Tensions Rise as Israel Beefs up Missile Systems

Tensions Rise as Israel Beefs up Missile Systems
Tensions were raised today as Israel and the United States tested missile defense systems in the Mediterranean. The already stressed relationships in the region were further tried as a Sparrow series missile was fired and successfully tracked by the Arrow missile defense system. The unannounced test was a joint undertaking by the Israel Defense Force and the U.S Missile Defense Agency. The testing of missile defense capabilities in the region suggests that Israel is making preparations for any counter attacks a U.S strike against Syria would cause.

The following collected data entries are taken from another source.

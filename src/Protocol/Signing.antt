-- ===== src/Protocol/Signing.antt =====
-- The three checks that every `verify` of the protocol makes, and what a signature made by a key
-- says of them.
use coordinator.Base.{Bytes, Outcome, ok, ensure, ◌>>◌, ◌≡◌, true, arith}
use coordinator.Protocol.Types.{
  VerifyError, invalid_public_key, invalid_signature_bytes, signature_mismatch,
}
use coordinator.Protocol.External.{External, SignatureLaws, BindingLaws}

module _ (x : External) where
  -- The body of `verify` at a key, a signature and a message.
  unfoldable pub verify_bytes : Bytes → Bytes → Bytes → Outcome VerifyError (Unit {0})
  verify_bytes key signature msg = do
    ensure (x.is_verifying_key key) invalid_public_key
    ensure (x.is_signature signature) invalid_signature_bytes
    ensure (x.verifies key msg signature) signature_mismatch

  -- It accepts exactly a well-formed key with a well-formed signature that fits the message.
  pub verify_bytes-ok :
      (key signature msg : Bytes)
      → verify_bytes key signature msg ≡ ok tt
      → (x.is_verifying_key key ≡ true)
        × (x.is_signature signature ≡ true)
        × (x.verifies key msg signature ≡ true)
  unfolding verify_bytes
  verify_bytes-ok key signature msg h = ground arith

  pub verify_bytes-sign :
      SignatureLaws x
      → (k msg : Bytes) → verify_bytes (x.verifying_key k) (x.sign_bytes k msg) msg ≡ ok tt
  unfolding verify_bytes
  verify_bytes-sign l k msg =
      ground (
        arith,
        l.verifying_key-is_valid k,
        l.sign_bytes-is_valid k msg,
        l.verifies-sign_bytes k msg,
      )

  -- A signature that is accepted for a message was made for it.
  pub verify_bytes-binds :
      BindingLaws x
      → (k msg key signature other : Bytes) → key ≡ x.verifying_key k
      → signature ≡ x.sign_bytes k msg
      → verify_bytes key signature other ≡ ok tt
      → other ≡ msg
  verify_bytes-binds l k msg key signature other e f h =
      l.sign_bytes-binds k msg other (rw (e, f) at (verify_bytes-ok key signature other h).2)
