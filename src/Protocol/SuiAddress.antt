-- ===== src/Protocol/SuiAddress.antt =====
-- `parse_sui_address` of src/pinaivu-protocol/src/routing_receipt.rs.
use coordinator.Base.{
  ℕ, zero, suc, ◌-◌, ◌≤◌, ◌<◌, ◌≡◌, refl, Text, Bytes, Option, none, some, Bool-cases, leb→le, inl,
  inr, ◌⊎◌, ◌++◌, length, length-append, length-replicate, replicate, drop, trim, trim_0x, leb,
  if◌then◌else◌, arith,
}
use coordinator.Protocol.External.{External}

-- `out[32 - bytes.len()..].copy_from_slice(&bytes)` on an array of zeros.
abbrev pub left_pad : Bytes → Bytes
left_pad bytes = replicate (32 - length bytes) 0 ++ bytes

-- The `match` on `hex::decode` and the copy into the array behind it.
unfoldable pub from_decoded : Option Bytes → Bytes
from_decoded none = replicate 32 0
from_decoded (some b) = if leb (length b) 32 then left_pad b else replicate 32 0

length-left_pad : (b : Bytes) → length b ≤ 32 → length (left_pad b) ≡ 32
length-left_pad b h = omega (
  arith,
  length-append (replicate (32 - length b) 0) b,
  length-replicate {A = ℕ} (32 - length b) 0,
)

drop-replicate : (n : ℕ) (b : Bytes) → drop n (replicate n 0 ++ b) ≡ b
drop-replicate zero b = refl
drop-replicate (suc n) b = drop-replicate n b

length-from_decoded : (o : Option Bytes) → length (from_decoded o) ≡ 32
unfolding from_decoded
length-from_decoded none = refl
length-from_decoded (some b) = elim (Bool-cases (leb (length b) 32)) [
  | inl e ↦ rw e (length-left_pad b (leb→le _ _ e))
  | inr e ↦ rw e refl
]

module _ (x : External) where
  unfoldable pub parse_sui_address : Text → Bytes
  unfolding from_decoded
  parse_sui_address s = from_decoded (x.hex_decode (trim_0x (trim s)))

  -- The address is 32 bytes long for every text: bcs writes it with no length prefix.
  pub length-parse_sui_address : (s : Text) → length (parse_sui_address s) ≡ 32
  unfolding parse_sui_address
  length-parse_sui_address s = length-from_decoded (x.hex_decode (trim_0x (trim s)))

  -- A text that decodes to at most 32 bytes stands for those bytes behind zeros, and they can be
  -- read back. Any other text stands for the zero address.
  pub parse_sui_address_cases :
      (s : Text) (o : Option Bytes)
      → x.hex_decode (trim_0x (trim s)) ≡ o
      → ((b : Bytes) × (o ≡ some b)
          × (length b ≤ 32)
          × (parse_sui_address s ≡ replicate (32 - length b) 0 ++ b)
          × (drop (32 - length b) (parse_sui_address s) ≡ b))
        ⊎ (((b : Bytes) → o ≡ some b → 32 < length b) × (parse_sui_address s ≡ replicate 32 0))
  unfolding parse_sui_address
  parse_sui_address_cases s none e = inr ((λ b h. cc), rw e refl)
  parse_sui_address_cases s (some b) e = elim (Bool-cases (leb (length b) 32)) [
    | inl t ↦ rw e (rw t (inl (b, refl, leb→le _ _ t, refl, drop-replicate (32 - length b) b)))
    | inr t ↦ rw e (rw t (inr ((λ c h. ground arith), refl)))
  ]
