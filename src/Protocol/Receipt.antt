-- ===== src/Protocol/Receipt.antt =====
-- src/pinaivu-protocol/src/routing_receipt.rs: the audit artefact that the coordinator signs.
use coordinator.Base.{ℕ, List, map, Text, Bytes, Outcome, ok, ◌≡◌, ◌↔◌}
use coordinator.Protocol.Types.{RequestId, NodePeerId, VerifyError}
use coordinator.Protocol.External.{
  External, SignatureLaws, BindingLaws, PayoutBcs, ReceiptPayloadBcs, IntentMessage,
}
use coordinator.Protocol.Signing.{verify_bytes, verify_bytes-sign, verify_bytes-binds}
use coordinator.Protocol.SuiAddress.{parse_sui_address}

abbrev pub intent_routing_receipt : ℕ
intent_routing_receipt = 1

pub record Payout : Type 0 where
  pub sui_address : Text
  pub amount_nanox : ℕ

pub record RoutingReceipt : Type 0 where
  pub request_id : RequestId
  pub client_id : Text
  pub primary_peer_id : NodePeerId
  pub helper_peer_ids : List NodePeerId
  pub bid_set_hash : Bytes
  pub proof_ids : List Bytes
  pub aggregated_output_hash : Bytes
  pub payouts : List Payout
  pub timestamp_ms : ℕ
  pub coordinator_pubkey : Bytes
  pub signature : Bytes

module _ (x : External) where
  abbrev pub payout_bcs : Payout → PayoutBcs
  payout_bcs p = record { sui_address = parse_sui_address x p.sui_address; amount = p.amount_nanox }

  abbrev pub intent_message : RoutingReceipt → IntentMessage
  intent_message r =
      let payload : ReceiptPayloadBcs = record {
        request_id = x.uuid_as_bytes r.request_id;
        aggregated_output_hash = r.aggregated_output_hash;
        payouts = map payout_bcs r.payouts;
      } in
      record { intent = intent_routing_receipt; timestamp_ms = r.timestamp_ms; payload = payload }

  unfoldable pub intent_message_bytes : RoutingReceipt → Bytes
  intent_message_bytes r = x.intent_bcs (intent_message r)

  unfoldable pub sign : Bytes → RoutingReceipt → RoutingReceipt
  sign key r =
      let q = record r { coordinator_pubkey = x.verifying_key key } in
      record q { signature = x.sign_bytes key (intent_message_bytes q) }

  unfoldable pub verify : RoutingReceipt → Outcome VerifyError (Unit {0})
  verify r = verify_bytes x r.coordinator_pubkey r.signature (intent_message_bytes r)

  -- The settlement subset, as the chain sees it.
  abbrev pub SameSettlement : RoutingReceipt → RoutingReceipt → Type 0
  SameSettlement q r =
      (q.request_id ≡ r.request_id)
      × (q.aggregated_output_hash ≡ r.aggregated_output_hash)
      × (map payout_bcs q.payouts ≡ map payout_bcs r.payouts)
      × (q.timestamp_ms ≡ r.timestamp_ms)

  -- What the coordinator signs verifies, whatever stood in the two fields before.
  pub verify-sign :
      SignatureLaws x → (key : Bytes) (r : RoutingReceipt) → verify (sign key r) ≡ ok tt
  unfolding verify sign intent_message_bytes
  verify-sign l key r = verify_bytes-sign x l key _

  -- A receipt that carries the key and the signature of a signed receipt verifies exactly when it
  -- has the same settlement subset. The subset is bound; the metadata is not.
  pub verify_iff-SameSettlement :
      SignatureLaws x
      → BindingLaws x
      → (key : Bytes) (r q : RoutingReceipt)
      → q.coordinator_pubkey ≡ (sign key r).coordinator_pubkey
      → q.signature ≡ (sign key r).signature
      → (verify q ≡ ok tt) ↔ SameSettlement q r
  unfolding verify sign intent_message_bytes
  verify_iff-SameSettlement s l key r q k f = (bound, accepted)
    where
      bound : verify q ≡ ok tt → SameSettlement q r
      bound h =
          let same : intent_message q ≡ intent_message r =
            l.intent_bcs-injective _ _ (verify_bytes-binds x l key _ _ _ _ k f h) in
          (l.uuid_as_bytes-injective _ _ (cc), cc, cc, cc)

      accepted : SameSettlement q r → verify q ≡ ok tt
      accepted h =
          let same : x.intent_bcs (intent_message q) ≡ x.intent_bcs (intent_message r) = cc in
          rw (k, f, same) (verify_bytes-sign x s key _)
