-- ===== src/Registry/Addrs.antt =====
-- The loop that adds the addresses which an entry does not hold yet.
use coordinator.Base.{
  List, [], ◌∷◌, ◌++◌, Text, text_eq, contains, false, Bool-cases, inl, inr, ◌≡◌, refl,
  if◌then◌else◌, ◌||◌, arith,
}

abbrev pub Multiaddr : Type 0
Multiaddr = Text

unfoldable pub merge_addrs : List Multiaddr → List Multiaddr → List Multiaddr
merge_addrs held [] = held
merge_addrs held (a ∷ addrs) = merge_addrs (if contains held a then held else held ++ a ∷ []) addrs

-- No address stands twice.
abbrev pub IsDistinct : List Multiaddr → Type 0
IsDistinct [] = Unit
IsDistinct (a ∷ as') = (contains as' a ≡ false) × IsDistinct as'

contains-append :
    (xs ys : List Multiaddr) (a : Multiaddr)
    → contains (xs ++ ys) a ≡ (contains xs a || contains ys a)
contains-append [] ys a = refl
contains-append (x ∷ xs) ys a = ground (arith, contains-append xs ys a)

IsDistinct-snoc :
    (xs : List Multiaddr) (a : Multiaddr)
    → contains xs a ≡ false
    → IsDistinct xs
    → IsDistinct (xs ++ a ∷ [])
IsDistinct-snoc [] a h d = (refl, tt)
IsDistinct-snoc (x ∷ xs) a h d = ground (
  arith,
  IsDistinct-snoc xs a,
  contains-append xs (a ∷ []) x,
  text_eq.beq_iff a x,
  text_eq.beq_iff x a,
)

pub merge_addrs-IsDistinct :
    (held addrs : List Multiaddr) → IsDistinct held → IsDistinct (merge_addrs held addrs)
unfolding merge_addrs
merge_addrs-IsDistinct held [] d = d
merge_addrs-IsDistinct held (a ∷ addrs) d = elim (Bool-cases (contains held a)) [
  | inl e ↦ rw e (merge_addrs-IsDistinct held addrs d)
  | inr e ↦ rw e (merge_addrs-IsDistinct (held ++ a ∷ []) addrs (IsDistinct-snoc held a e d))
]

-- An address is held afterwards exactly when it was held before or was added.
pub contains-merge_addrs :
    (held addrs : List Multiaddr) (b : Multiaddr)
    → contains (merge_addrs held addrs) b ≡ (contains held b || contains addrs b)
unfolding merge_addrs
contains-merge_addrs held [] b = ground arith
contains-merge_addrs held (a ∷ addrs) b = elim (Bool-cases (contains held a)) [
  | inl e ↦ rw e (ground (arith, contains-merge_addrs held addrs b, text_eq.beq_iff a b))
  | inr e ↦ rw e (
      ground
        (arith, contains-merge_addrs (held ++ a ∷ []) addrs b, contains-append held (a ∷ []) b))
]
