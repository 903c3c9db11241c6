-- ===== src/Registry.antt =====
-- src/coordinator/src/mesh/peer_registry.rs: who is on the network. Each operation runs under the
-- lock, so it is one step on the state; the clock is an argument.
pub mod Addrs
pub mod Laws
use coordinator.Base.{
  ℕ, ◌-◌, List, [], ◌∷◌, Text, Bool, Option, none, some, leb, text_eq, length, null,
}
use coordinator.Base.Map.{Map, get, insert, retain}
use coordinator.Protocol.Types.{NodeCapabilities}
use Addrs.{Multiaddr, merge_addrs}

-- A libp2p peer id, by its bytes.
abbrev pub PeerId : Type 0
PeerId = Text

pub record PeerEntry : Type 0 where
  pub capabilities : NodeCapabilities
  pub multiaddrs : List Multiaddr
  pub last_seen_ms : ℕ

-- What the lock holds. The `Arc` around it is shared by the event loop and the handlers; the model has
-- it in the loop, which alone changes it, and App.State.while_at says what the handlers read of it.
pub record PeerRegistry : Type 0 where
  pub inner : Map PeerId PeerEntry
  pub ttl : ℕ

unfoldable pub new : ℕ → PeerRegistry
new ttl = record { inner = []; ttl = ttl }

-- `and_modify` where the peer has an entry, `or_insert_with` where it has none.
abbrev pub upserted : ℕ → NodeCapabilities → List Multiaddr → Option PeerEntry → PeerEntry
upserted now_ms capabilities addrs (some e) = record {
  capabilities = capabilities;
  multiaddrs = merge_addrs e.multiaddrs addrs;
  last_seen_ms = now_ms;
}
upserted now_ms capabilities addrs none = record {
  capabilities = capabilities;
  multiaddrs = addrs;
  last_seen_ms = now_ms;
}

unfoldable pub upsert : ℕ → PeerId → NodeCapabilities → List Multiaddr → PeerRegistry → PeerRegistry
upsert now_ms peer capabilities addrs r = record r {
  inner = insert peer (upserted now_ms capabilities addrs (get peer r.inner)) r.inner;
}

unfoldable pub observe_addrs : PeerId → List Multiaddr → PeerRegistry → PeerRegistry
observe_addrs peer addrs r = elim (get peer r.inner) [
  | none ↦ r
  | some e ↦ record r {
    inner = insert peer (record e { multiaddrs = merge_addrs e.multiaddrs addrs }) r.inner;
  }
]

unfoldable pub find_peer : PeerId → PeerRegistry → Option PeerEntry
find_peer peer r = get peer r.inner

unfoldable pub snapshot : PeerRegistry → List (PeerId × PeerEntry)
snapshot r = r.inner

unfoldable pub len : PeerRegistry → ℕ
len r = length r.inner

unfoldable pub is_empty : PeerRegistry → Bool
unfolding len
is_empty r = null r.inner

-- `saturating_sub` is the subtraction of ℕ.
unfoldable pub evict_stale : ℕ → PeerRegistry → PeerRegistry
evict_stale now_ms r =
    let cutoff : ℕ = now_ms - r.ttl in
    record r { inner = retain (λ e. leb cutoff e.last_seen_ms) r.inner }
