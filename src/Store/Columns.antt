-- ===== src/Store/Columns.antt =====
-- Column types, and the failures that end an action.
use coordinator.Base.{ℕ}

-- A BIGINT column; `negsuc n` is -(n + 1).
pub data ℤ : Type 0 where
  pos : ℕ → ℤ
  negsuc : ℕ → ℤ

pub data Failure : Type 0 where
  database deserialize sidecar_error settlement_error : Failure
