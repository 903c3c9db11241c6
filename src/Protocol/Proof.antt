-- ===== src/Protocol/Proof.antt =====
-- src/pinaivu-protocol/src/proof.rs: the execution receipt that a node signs.
use coordinator.Base.{ℕ, Text, Bytes, Option, Outcome, ok, ◌≡◌, arith}
use coordinator.Protocol.Types.{RequestId, SessionId, NodePeerId, NanoX, VerifyError}
use coordinator.Protocol.External.{External, SignatureLaws, BindingLaws, ProofCanonical}
use coordinator.Protocol.Signing.{verify_bytes, verify_bytes-sign, verify_bytes-binds}

pub record ProofOfInference : Type 0 where
  pub request_id : RequestId
  pub session_id : SessionId
  pub node_peer_id : NodePeerId
  pub client_address : Text
  pub model_id : Text
  pub input_tokens : ℕ
  pub output_tokens : ℕ
  pub latency_ms : ℕ
  pub price_paid_nanox : NanoX
  pub timestamp : ℕ
  pub input_hash : Bytes
  pub output_hash : Bytes
  pub settlement_id : Text
  pub escrow_tx_id : Option Text
  pub node_pubkey : Bytes
  pub signature : Bytes

-- Every field but the signature, in the order of the declaration.
abbrev pub canonical : ProofOfInference → ProofCanonical
canonical p = record {
  request_id = p.request_id;
  session_id = p.session_id;
  node_peer_id = p.node_peer_id;
  client_address = p.client_address;
  model_id = p.model_id;
  input_tokens = p.input_tokens;
  output_tokens = p.output_tokens;
  latency_ms = p.latency_ms;
  price_paid_nanox = p.price_paid_nanox;
  timestamp = p.timestamp;
  input_hash = p.input_hash;
  output_hash = p.output_hash;
  settlement_id = p.settlement_id;
  escrow_tx_id = p.escrow_tx_id;
  node_pubkey = p.node_pubkey;
}

module _ (x : External) where
  unfoldable pub canonical_bytes : ProofOfInference → Bytes
  canonical_bytes p = x.proof_json (canonical p)

  unfoldable pub id : ProofOfInference → Bytes
  id p = x.sha256 (canonical_bytes p)

  unfoldable pub sign : Bytes → ProofOfInference → ProofOfInference
  sign key p =
      let q = record p { node_pubkey = x.verifying_key key } in
      record q { signature = x.sign_bytes key (canonical_bytes q) }

  unfoldable pub verify : ProofOfInference → Outcome VerifyError (Unit {0})
  verify p = verify_bytes x p.node_pubkey p.signature (canonical_bytes p)

  -- What a node signs verifies, whatever stood in the two fields before.
  pub verify-sign :
      SignatureLaws x → (key : Bytes) (p : ProofOfInference) → verify (sign key p) ≡ ok tt
  unfolding verify sign canonical_bytes
  verify-sign l key p = verify_bytes-sign x l key _

  -- A proof that verifies under the key and the signature of a signed proof is that proof: no
  -- other field can be altered.
  pub verify-binds_proof :
      BindingLaws x
      → (key : Bytes) (p q : ProofOfInference) → q.node_pubkey ≡ (sign key p).node_pubkey
      → q.signature ≡ (sign key p).signature
      → verify q ≡ ok tt
      → q ≡ sign key p
  unfolding verify sign canonical_bytes
  verify-binds_proof l key p q k s h =
      let same : canonical q ≡ canonical (sign key p) =
        l.proof_json-injective _ _ (verify_bytes-binds x l key _ _ _ _ k s h) in
      ground (arith, same)

  -- Proofs with the same identifier agree in every field but the signature.
  pub id-binds :
      BindingLaws x
      → (p q : ProofOfInference) → id p ≡ id q
      → q ≡ record p { signature = q.signature }
  unfolding id canonical_bytes
  id-binds l p q h =
      let same : canonical p ≡ canonical q =
        l.proof_json-injective _ _ (l.sha256-injective _ _ h) in
      ground (arith, same)
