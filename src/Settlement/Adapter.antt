-- ===== src/Settlement/Adapter.antt =====
-- src/coordinator/src/settlement: the escrow types, the adapter interface and its two adapters.
-- Neither moves value; they differ in the name that a handle carries.
use coordinator.Base.{Text, Option, none, Outcome, ok, codes}
use coordinator.Protocol.Types.{Uuid, NanoX}
use coordinator.Protocol.Proof.{ProofOfInference}
use coordinator.Store.Columns.{Failure}

pub record EscrowParams : Type 0 where
  pub request_id : Uuid
  pub amount_nanox : NanoX
  pub client_address : Text
  pub node_address : Text
  pub token_id : Option Text

pub record EscrowHandle : Type 0 where
  pub settlement_id : Text
  pub request_id : Uuid
  pub amount_nanox : NanoX
  pub chain_tx_id : Option Text
  pub payload_json : Text

pub record SettlementAdapter : Type 0 where
  pub id : Text
  pub lock_funds : EscrowParams → Outcome Failure EscrowHandle
  pub release_funds : EscrowHandle → ProofOfInference → Outcome Failure (Unit {0})
  pub refund_funds : EscrowHandle → Outcome Failure (Unit {0})

abbrev handle_for : Text → EscrowParams → EscrowHandle
handle_for id params = record {
  settlement_id = id;
  request_id = params.request_id;
  amount_nanox = params.amount_nanox;
  chain_tx_id = none;
  payload_json = codes "{}";
}

unfoldable pub free_settlement : SettlementAdapter
free_settlement = record {
  id = codes "free";
  lock_funds = λ params. ok (handle_for (codes "free") params);
  release_funds = λ handle proof. ok tt;
  refund_funds = λ handle. ok tt;
}

unfoldable pub receipt_settlement : SettlementAdapter
receipt_settlement = record {
  id = codes "receipt";
  lock_funds = λ params. ok (handle_for (codes "receipt") params);
  release_funds = λ handle proof. ok tt;
  refund_funds = λ handle. ok tt;
}
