-- ===== src/Jobs/Job.antt =====
-- src/coordinator/src/jobs/dispatch_job.rs, and how a stored status is read back (jobs/store.rs).
use coordinator.Base.{ℕ, Text, codes, Option, none, some, ◌==◌, text_eq, if◌then◌else◌, ◌≡◌, refl}
use coordinator.Protocol.Types.{RequestId, NodePeerId}

pub data JobStatus : Type 0 where
  dispatched acked completed timed_out refunded : JobStatus

unfoldable pub as_str : JobStatus → Text
as_str dispatched = codes "Dispatched"
as_str acked = codes "Acked"
as_str completed = codes "Completed"
as_str timed_out = codes "TimedOut"
as_str refunded = codes "Refunded"

-- The `match` of `get_status`.
unfoldable pub parse_status : Text → Option JobStatus
parse_status s =
    if s == codes "Dispatched"
    then some dispatched
    else if s == codes "Acked"
    then some acked
    else if s == codes "Completed"
    then some completed
    else if s == codes "TimedOut"
    then some timed_out
    else if s == codes "Refunded"
    then some refunded
    else none

pub record DispatchJob : Type 0 where
  pub request_id : RequestId
  pub primary_peer_id : NodePeerId
  pub dispatched_at_ms : ℕ
  pub deadline_ms : ℕ
  pub status : JobStatus
  pub escrow_handle_json : Text

-- Every status is read back from the text that is stored for it.
pub parse_status-as_str : (s : JobStatus) → parse_status (as_str s) ≡ some s
unfolding parse_status as_str
parse_status-as_str dispatched = refl
parse_status-as_str acked = refl
parse_status-as_str completed = refl
parse_status-as_str timed_out = refl
parse_status-as_str refunded = refl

Israel’s Defense Ministry has insisted that the tests were planned well ahead of the launch of the Sparrow series missile while the timing of the test suggests it was just as much a display of power by the U.S ally. Uzi Rabin, the designer of the Arrow system, told Reuters that the tests generally go unnoticed. What has made the difference is the unusually high vigilance by Russia and the Syrian forces in the region.

Israeli Prime Minister, Benjamin Netanyahu has called the anti-missile systems a “wall of iron” which “give us the power to protect ourselves”. This is a result of the fears that Israel would suffer the brunt of a Syrian response to the U.S intervention in the region.
Israel’s missile defense system currently consists of four layers. The Iron Dome system, for short to medium ranged rockets, David’s Sling, for medium and long-range rockets, the Arrow 2 anti-ballistic shield and the Arrow 3 system. The Arrow systems are designed to defend against long range and upper atmospheric projectiles.
Reports of the missile launch set off a flurry of activity as opposition to the Assad regime got ready for, what they expected to be, the first of the strikes against the Syrian government. The Russian news agency, RIA Novosti, announced early on Tuesday afternoon that the missiles had been detected by Russian Radar but gave no further clarification. It is reported that the Russian defense minister, Sergei Shoigu, briefed President Putin of the missile launch, despite the lack of details made available about the launch at the time.

It is likely, given the politics of the region, that a U.S led intervention, strikes against Syria and an attack against the Assad regime would trigger violence in the volatile region. Israel, as the U.S’s closest ally in the region, has stated that they will not be involved in any of the proposed strikes. It is unclear whether the strikes hinge entirely on the decision to be made later this month by the U.S Congress or whether President Obama will initiate action without their support.